• _Task_:
Each line of the listing below, from the very first to the one that contains "zone offset) 604800)", is to be retyped exactly as it stands.

[[ Data for the task open ]]

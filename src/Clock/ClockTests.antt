-- ===== src/Clock/ClockTests.antt =====
-- Runs of src/deps/xtime/time.go on given times, in the zone and with the offset that it begins with.
use heli.Common.{
  ℤ, eqb_ℤ, mul64, add64, sub64, wrap64, ◌+ℤ◌, ◌-ℤ◌, ◌*ℤ◌, pos, negsuc, true, false, ◌≡◌, refl, ◌↔◌,
  arith,
}
use heli.Clock.{
  get_day_zero_unix_with_zone_and_offset, get_week_zero_unix_with_zone_and_offset,
  check_daily_fresh_with_offset, check_weekly_fresh_with_offset, get_days_between,
}
use heli.Clock.Days.{InPeriod, BeginsDay, BeginsWeek, checks_exact}

-- 2024-01-01 03:00 and 05:00, a Monday, in UTC+8.
abbrev night : ℤ
night = pos 1704049200

abbrev morning : ℤ
morning = pos 1704056400

abbrev zone : ℤ
zone = pos 28800

abbrev offset : ℤ
offset = pos 14400

night_day : check_daily_fresh_with_offset zone night morning offset ≡ true
unfolding check_daily_fresh_with_offset eqb_ℤ ◌+ℤ◌ ◌-ℤ◌ add64 sub64 wrap64
night_day = refl

night_week : check_weekly_fresh_with_offset zone night morning offset ≡ true
unfolding check_weekly_fresh_with_offset eqb_ℤ mul64 ◌*ℤ◌ ◌+ℤ◌ ◌-ℤ◌ add64 sub64 wrap64
night_week = refl

no_days : get_days_between zone night morning ≡ pos 0
unfolding get_days_between ◌+ℤ◌ ◌-ℤ◌ add64 sub64 wrap64
no_days = refl

before_1970 : get_day_zero_unix_with_zone_and_offset (negsuc 0) (pos 0) (pos 0) ≡ negsuc 86399
unfolding get_day_zero_unix_with_zone_and_offset ◌+ℤ◌ ◌-ℤ◌ add64 sub64 wrap64
before_1970 = refl

checks_exact_example :
    ((check_daily_fresh_with_offset zone night morning offset ≡ false)
      ↔ InPeriod morning (get_day_zero_unix_with_zone_and_offset night zone offset) 86400)
    × ((check_weekly_fresh_with_offset zone night morning offset ≡ false)
        ↔ InPeriod morning (get_week_zero_unix_with_zone_and_offset night zone offset) 604800)
    × BeginsDay night (get_day_zero_unix_with_zone_and_offset night zone offset) zone offset
    × BeginsWeek night (get_week_zero_unix_with_zone_and_offset night zone offset) zone offset
checks_exact_example =
    checks_exact zone night morning offset (omega arith, omega arith) (omega arith, omega arith)
      (omega arith, omega arith) (omega arith, omega arith)
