-- ===== src/Common/Search.antt =====
-- `sort.Search` of Go: the least index of `[0, n)` at which a test holds, or `n`, by bisection.
use Prim.Native.Nat.{ℕ, zero, suc, ◌+◌, ◌/◌, ◌≤◌, ◌<◌}
use mathlib.Core.Path.{◌≡◌}
use mathlib.Core.Logic.{inl, inr}
use mathlib.Core.Bool.{Bool, true, false}
use native.Mathlib.Omega.{arith}
use heli.Common.Tests.{ltb, if◌then◌else◌, Bool-cases}

-- As many rounds as the range is long are enough: each shortens it.
unfoldable pub bisect : ℕ → (ℕ → Bool) → ℕ → ℕ → ℕ
bisect zero test lo hi = lo
bisect (suc fuel) test lo hi =
    let mid = (lo + hi) / 2 in
    let upper = bisect fuel test (mid + 1) hi in
    let lower = bisect fuel test lo mid in
    if ltb lo hi then (if test mid then lower else upper) else lo

unfoldable pub search : ℕ → (ℕ → Bool) → ℕ
unfolding bisect
search n test = bisect n test 0 n

-- From some index on the test holds.
abbrev pub Monotone : ℕ → (ℕ → Bool) → Type 0
Monotone n test = (i j : ℕ) → i ≤ j → j < n → test i ≡ true → test j ≡ true

-- The test fails below `r`, and holds from `r` on.
abbrev pub Splits : ℕ → (ℕ → Bool) → ℕ → Type 0
Splits n test r =
    (r ≤ n) × ((i : ℕ) → i < r → test i ≡ false) × ((i : ℕ) → r ≤ i → i < n → test i ≡ true)

module _ (n : ℕ) (test : ℕ → Bool) (mono : Monotone n test) where
  bisect-Splits :
      (fuel lo hi : ℕ)
      → lo ≤ hi
      → hi ≤ n
      → hi ≤ lo + fuel
      → ((i : ℕ) → i < lo → test i ≡ false)
      → ((i : ℕ) → hi ≤ i → i < n → test i ≡ true)
      → Splits n test (bisect fuel test lo hi)
  unfolding bisect
  bisect-Splits zero lo hi le inside enough below above =
      (omega arith, below, λ i p. above i (omega arith))
  bisect-Splits (suc fuel) lo hi le inside enough below above = elim (Bool-cases (ltb lo hi)) [
    | inr empty ↦
        let same : hi ≤ lo = ground arith in
        rw empty (omega arith, below, λ i p. above i (omega arith))
    | inl open_range ↦
        let h : lo < hi = ground arith in
        let mid = (lo + hi) / 2 in
        elim (Bool-cases (test mid)) [
          | inl up ↦
              rw (open_range, up)
                (bisect-Splits fuel lo mid (omega arith) (omega arith) (omega arith) below
                  (λ i p q. mono mid i p q up))
          | inr down ↦
              rw (open_range, down)
                (bisect-Splits fuel (mid + 1) hi (omega arith) inside (omega arith)
                  (λ i p. elim (Bool-cases (test i)) [
                    | inr fails ↦ fails
                    | inl holds ↦ cc (mono i mid (omega arith) (omega arith) holds)
                  ])
                  above)
        ]
  ]

  -- `search` returns where the test begins to hold.
  pub search-Splits : Splits n test (search n test)
  unfolding search
  search-Splits =
      bisect-Splits n 0 n (omega arith) (omega arith) (omega arith) (λ i p. absurd (omega arith))
        (λ i p q. absurd (omega arith))

pub Splits-unique : (n : ℕ) (test : ℕ → Bool) (r s : ℕ) → Splits n test r → Splits n test s → r ≡ s
Splits-unique n test r s p q = ground (arith, p.1 s, p.2 r, q.1 r, q.2 s)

[[ Data for the task closed ]]

• _Solution for this exercise_:
filename src/Clock/ClockTests.antt
-- ===== src/Clock/ClockTests.antt =====
-- Runs of src/deps/xtime/time.go on given times, in the zone and with the offset that it begins with.
use heli.Common.{
  ℤ, eqb_ℤ, mul64, add64, sub64, wrap64, ◌+ℤ◌, ◌-ℤ◌, ◌*ℤ◌, pos, negsuc, true, false, ◌≡◌, refl, ◌↔◌,
  arith,
}
use heli.Clock.{
  get_day_zero_unix_with_zone_and_offset, get_week_zero_unix_with_zone_and_offset,
  check_daily_fresh_with_offset, check_weekly_fresh_with_offset, get_days_between,
}
use heli.Clock.Days.{InPeriod, BeginsDay, BeginsWeek, checks_exact}

-- 2024-01-01 03:00 and 05:00, a Monday, in UTC+8.
abbrev night : ℤ
night = pos 1704049200

abbrev morning : ℤ
morning = pos 1704056400

abbrev zone : ℤ
zone = pos 28800

abbrev offset : ℤ
offset = pos 14400

night_day : check_daily_fresh_with_offset zone night morning offset ≡ true
unfolding check_daily_fresh_with_offset eqb_ℤ ◌+ℤ◌ ◌-ℤ◌ add64 sub64 wrap64
night_day = refl

night_week : check_weekly_fresh_with_offset zone night morning offset ≡ true
unfolding check_weekly_fresh_with_offset eqb_ℤ mul64 ◌*ℤ◌ ◌+ℤ◌ ◌-ℤ◌ add64 sub64 wrap64
night_week = refl

no_days : get_days_between zone night morning ≡ pos 0
unfolding get_days_between ◌+ℤ◌ ◌-ℤ◌ add64 sub64 wrap64
no_days = refl

before_1970 : get_day_zero_unix_with_zone_and_offset (negsuc 0) (pos 0) (pos 0) ≡ negsuc 86399
unfolding get_day_zero_unix_with_zone_and_offset ◌+ℤ◌ ◌-ℤ◌ add64 sub64 wrap64
before_1970 = refl

checks_exact_example :
    ((check_daily_fresh_with_offset zone night morning offset ≡ false)
      ↔ InPeriod morning (get_day_zero_unix_with_zone_and_offset night zone offset) 86400)
    × ((check_weekly_fresh_with_offset zone night morning offset ≡ false)
        ↔ InPeriod morning (get_week_zero_unix_with_zone_and_offset night zone offset) 604800)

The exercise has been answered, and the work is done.